Betibú

Crítica de Lilian Lapelle - Cine & Medios

Crímenes, medios y grandes actores

Nurit Iscar (Mercedes Morán) ha sido una reconocida escritora de policiales, pero ahora las cosas no le están yendo tan bien; escribe novelas bajo un seudónimo, y la inspiración parece haberla abandonado. Dos años atrás escribió una de sus mejores obras, sobre el asesinato de una mujer en el country "La maravillosa"; ahora el viudo ha aparecido degollado en la misma casa y los recuerdos y los crímenes parecen haber vuelto a la vida de Nurit.
Considerada una experta en el caso, Nurit es llamada por el director del diario "El tribuno" -su ex amante- para que se instale en el country y escriba una columna diaria sobre la situación en el lugar. Mientras tanto, dos periodistas del diario, Jaime Brena (Daniel Fanego) -un periodista de policiales de la vieja escuela con mucho aplomo y experiencia-, y Mariano Saravia (Alberto Amman) -un joven al que el diario quiere poner al frente de policiales para reemplazar a Brena- deben encargarse de cubrir el caso.
Este ecléctico trío debe trabajar unido para llevar a cabo una investigación que atrapa al espectador desde el comienzo. Cada pieza que encuentran, cada pista, los lleva a un nivel más profundo donde el suspenso aumenta, y las cosas se vuelven cada vez más interesantes.

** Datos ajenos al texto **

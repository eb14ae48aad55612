-- ===== src/Scenarios/Accounts.antt =====
-- Logins, refresh tokens and customers at concrete values.
use vaultchain_fintech_dashb.Prelude.{
  ℕ, true, false, Option, none, some, [], ◌∷◌, ◌≡◌, refl, arith, ok, err, find,
}
use vaultchain_fintech_dashb.Prelude.Text.{Text, codes, text_eq}
use vaultchain_fintech_dashb.Challenge.Token.{
  print_token, refresh_prefix, parse_opaque, parse_refresh_token,
}
use vaultchain_fintech_dashb.Challenge.Mfa.{Crypto}
use vaultchain_fintech_dashb.Auth.Store.{
  User, RefreshToken, AuthDb, AuthEnv, AuthOthers, alone, token_reused, account_locked,
}
use vaultchain_fintech_dashb.Auth.Login.{
  LoginContext, login, log_in_as, by_email, let_in, normal_email, record_attempt, authenticated,
  decide_second_factor, register_failure, try_lock,
}
use vaultchain_fintech_dashb.Auth.Login.Lockout.{login-MayEnter, MayEnter}
use vaultchain_fintech_dashb.Auth.Refresh.{refresh, refresh_row, rotate, rotate_body}
use vaultchain_fintech_dashb.Auth.Refresh.Rotation.{
  refresh_once, refresh_lost_race, refresh_reused, IsSignedOut,
}
use vaultchain_fintech_dashb.Auth.Session.{
  SessionResult, token_id, store_token, build_response, issue_session,
}
use vaultchain_fintech_dashb.Mask.{mask_email}
use vaultchain_fintech_dashb.Auth.Login.FifthFailure.{fifth_failure_locks}

abbrev pub plain : Crypto
plain = record { hash = λ s. s; verify = λ h s. some (text_eq h s); sha256 = λ s. s }

abbrev pub old_id : Text
old_id = codes "0190a0b1-c2d3-7e4f-8a5b-6c7d8e9f0a1b"

abbrev pub new_id : Text
new_id = codes "0190a0b1-c2d3-7e4f-8a5b-6c7d8e9f0a1c"

abbrev pub env : AuthEnv
env = record {
  now = 5000;
  crypto = plain;
  token_id = new_id;
  token_secret = codes "fresh";
  session_id = codes "session";
  challenge_id = new_id;
  challenge_secret = codes "challenge";
  remember_device_enabled = false;
  mfa_required = false;
  challenge_ttl = 300;
  max_verify_attempts = 5;
  login_purpose = 1;
  remembered = λ token. none;
  sign = λ user permissions version. codes "jwt";
  alert_works = true;
}

abbrev pub ada : User
ada = record {
  id = 4;
  email = codes "ada@bank.test";
  display_name = codes "Ada";
  password_hash = codes "pw";
  is_active = true;
  failed_login_count = 2;
  locked_until = none;
  last_login_at = none;
  mfa_enabled = false;
  mfa_confirmed_at = none;
  totp_secret_enc = none;
  last_used_totp_step = none;
  permission_version = 1;
  user_roles = (3 ∷ 1 ∷ []) ∷ (1 ∷ 2 ∷ []) ∷ [];
}

abbrev old_token : Option ℕ → RefreshToken
old_token revoked = record {
  id = old_id;
  token_hash = codes "old";
  user_id = 4;
  session_id = codes "session";
  expires_at = 9000;
  revoked_at = revoked;
  replaced_by_id = none;
}

abbrev pub auth_db : Option ℕ → AuthDb
auth_db revoked = record {
  users = ada ∷ [];
  tokens = old_token revoked ∷ [];
  attempts = [];
  challenges = [];
  lockout_alerts = [];
}

abbrev nowhere : LoginContext
nowhere = record { ip = none; user_agent = none; remember_device_token = none }

abbrev ada_session : SessionResult
ada_session = record {
  refresh_token = print_token refresh_prefix new_id (codes "fresh");
  access_token = codes "jwt";
  expires_in = 900;
  permissions = 1 ∷ 2 ∷ 3 ∷ [];
  user_id = 4;
  display_name = codes "Ada";
  masked_email = codes "a***@b***.test";
  mfa_enabled = false;
  last_login_at = some 5000;
}

abbrev logged_in : AuthDb
logged_in = (login env alone (codes " Ada@Bank.test ") (codes "pw") nowhere (auth_db none)).1

ada-enters :
    login env alone (codes " Ada@Bank.test ") (codes "pw") nowhere (auth_db none)
    ≡ (ok (authenticated ada_session), logged_in)
unfolding login log_in_as let_in record_attempt decide_second_factor issue_session store_token
    build_response mask_email
ada-enters = refl

login-MayEnter_example :
    (user : User) × (find (by_email (normal_email (codes " Ada@Bank.test "))) (auth_db none).users
      ≡ some user)
    × MayEnter env nowhere (codes "pw") user (authenticated ada_session)
login-MayEnter_example =
    login-MayEnter env alone (codes " Ada@Bank.test ") (codes "pw") nowhere (auth_db none) logged_in
      (authenticated ada_session) ada-enters

abbrev presented : Text
presented = print_token refresh_prefix old_id (codes "old")

abbrev guessed : Text
guessed = print_token refresh_prefix old_id (codes "guess")

presented-parses : parse_refresh_token presented ≡ some (old_id, codes "old")
unfolding parse_opaque
presented-parses = refl

guessed-parses : parse_refresh_token guessed ≡ some (old_id, codes "guess")
unfolding parse_opaque
guessed-parses = refl

abbrev rotated : AuthDb
rotated = (refresh env alone presented (auth_db none)).1

abbrev next_session : SessionResult
next_session = record ada_session { last_login_at = none }

presented-rotates : refresh env alone presented (auth_db none) ≡ (ok next_session, rotated)
unfolding refresh refresh_row rotate rotate_body store_token build_response parse_opaque mask_email
presented-rotates = refl

refresh_once_example :
    (later : RefreshToken) × (find (token_id old_id) rotated.tokens ≡ some later)
    × ((refresh env alone guessed rotated).0 ≡ err token_reused)
    × IsSignedOut later.user_id (refresh env alone guessed rotated).1.tokens
refresh_once_example =
    refresh_once env env alone alone presented guessed old_id (codes "old") (codes "guess")
      (old_token none) (auth_db none) rotated next_session presented-parses guessed-parses refl
      (omega arith) presented-rotates

refresh_reused_example :
    ((refresh env alone guessed (auth_db (some 1))).0 ≡ err token_reused)
    × IsSignedOut 4 (refresh env alone guessed (auth_db (some 1))).1.tokens
refresh_reused_example =
    refresh_reused env alone guessed old_id (codes "guess") (old_token (some 1)) (auth_db (some 1))
      guessed-parses refl refl

-- Another request spends the token while this one is hashing its new secret.
abbrev racing : AuthOthers
racing = record {
  before_lock = λ db. db;
  before_rotate = λ db. record db { tokens = old_token (some 4999) ∷ [] };
}

refresh_lost_race_example :
    ((refresh env racing presented (auth_db none)).0 ≡ err token_reused)
    × IsSignedOut 4 (refresh env racing presented (auth_db none)).1.tokens
refresh_lost_race_example =
    refresh_lost_race env racing presented old_id (codes "old") (old_token none) (auth_db none)
      presented-parses refl refl refl refl refl

-- Ada after four failures.
abbrev tired : User
tired = record ada { failed_login_count = 4 }

abbrev tired_db : AuthDb
tired_db = record (auth_db none) { users = tired ∷ [] }

abbrev locked_ada : User
locked_ada = record tired { failed_login_count = 5; locked_until = some 905000 }

abbrev ada_mail : Text
ada_mail = codes "ada@bank.test"

tired-locked :
    find
      (by_email (normal_email ada_mail))
      (login env alone ada_mail (codes "wrong") nowhere tired_db).1.users
    ≡ some locked_ada
unfolding login log_in_as register_failure try_lock record_attempt
tired-locked = refl

fifth_failure_locks_example :
    (login
      (record env { now = 6000 })
      alone
      ada_mail
      (codes "pw")
      nowhere
      (login env alone ada_mail (codes "wrong") nowhere tired_db).1).0
    ≡ err account_locked
fifth_failure_locks_example =
    fifth_failure_locks env (record env { now = 6000 }) alone ada_mail (codes "wrong") ada_mail
      (codes "pw") nowhere nowhere tired locked_ada tired_db refl refl (omega arith) refl refl refl
      (omega arith) tired-locked refl
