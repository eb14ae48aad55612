-- ===== src/Scenarios/Audits.antt =====
-- The audit chain at concrete values.
use vaultchain_fintech_dashb.Prelude.{
  true, false, Option, none, some, List, [], ◌∷◌, ◌≡◌, refl, Bool,
}
use vaultchain_fintech_dashb.Prelude.Text.{Text, codes, text_eq, take}
use vaultchain_fintech_dashb.Common.AuditChain.Evidence.{IsChain, append-IsChain, is_ordered}
use vaultchain_fintech_dashb.Common.Canonical.{
  Json, Primitive, stable_stringify, object, string, field, primitive, null, no_fields,
}
use vaultchain_fintech_dashb.Common.AuditChain.{
  AuditLog, Hashing, append, AuditEntry, compute_entry_hash, success,
}
use vaultchain_fintech_dashb.Common.Canonical.Order.{
  stable_stringify-Reorders, in_object, fields_swap,
}

-- Any function serves as the hash here: this one keeps the first two characters.
abbrev short_hash : Text → Text
short_hash s = take 2 s

abbrev print_primitive : Primitive → Text
print_primitive (string s) = b'"' ∷ s
print_primitive _ = codes "null"

abbrev hashing : Hashing
hashing = record { sha256 = short_hash; to_iso = λ t. codes "t"; print = print_primitive }

abbrev login_entry : Option Json → AuditEntry
login_entry context = record {
  actor_user_id = some (codes "u1");
  action = codes "auth.login";
  resource_type = codes "auth.session";
  resource_id = none;
  outcome = success;
  context = context;
  ip_hash = none;
  correlation_id = none;
}

abbrev pair : Json
pair = object (
    field (codes "b") (primitive (string (codes "1")))
      (field (codes "a") (primitive null) no_fields))

abbrev pair_swapped : Json
pair_swapped = object (
    field (codes "a") (primitive null)
      (field (codes "b") (primitive (string (codes "1"))) no_fields))

stable_stringify-Reorders_example :
    stable_stringify print_primitive pair ≡ stable_stringify print_primitive pair_swapped
stable_stringify-Reorders_example =
    stable_stringify-Reorders print_primitive pair pair_swapped (in_object (fields_swap refl))

abbrev first_log : List AuditLog
first_log = append hashing (codes "1") 100 (login_entry (some pair)) []

first_ordered : is_ordered first_log ≡ true
unfolding append
first_ordered = refl

first_log-IsChain : IsChain hashing first_log
first_log-IsChain = append-IsChain hashing (codes "1") 100 (login_entry (some pair)) [] refl tt

append-IsChain_example :
    IsChain hashing (append hashing (codes "2") 200 (login_entry none) first_log)
append-IsChain_example =
    append-IsChain hashing (codes "2") 200 (login_entry none) first_log first_ordered
      first_log-IsChain

-- A row whose time is before that of the row that it continues is not found as the newest: the next
-- row continues from the older one too.
abbrev out_of_order : List AuditLog
out_of_order =
    append hashing (codes "3") 300 (login_entry none)
      (append hashing (codes "2") 50 (login_entry none) first_log)

first_two_of : List AuditLog → Bool
first_two_of (r ∷ s ∷ rest) = text_eq r.prev_hash s.prev_hash
first_two_of _ = false

forks : first_two_of out_of_order ≡ true
unfolding first_two_of append compute_entry_hash stable_stringify
forks = refl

Todo puede ser posible, un robo, una venganza, pero el crimen va mucho mas allá de eso, lo que logra que la película sea dinámica, atrapante y con un muy buen final.
La química entre Brena e Iscar, quienes en el medio de tanto ajetreo parecen no tener tiempo para el romance; la relación entre el periodista cerca del retiro, y el joven que parece querer llevarse el mundo por delante, y la forma en que terminan aprendiendo uno del otro, son algunos de los mejores elementos de la película. Fanego, como siempre, excelente en su interpretación.
Técnicamente el filme es impecable, y sobre todo con personajes muy bien construidos, con un crimen que además de tener todo lo necesario para interesar al espectador, tiene como telón de fondo la corrompida relación entre los medios y el poder.
Construida para ser un tanque comercial, esta película está a la altura de varias producciones Hollywoodenses, como para competir en la taquilla de igual a igual.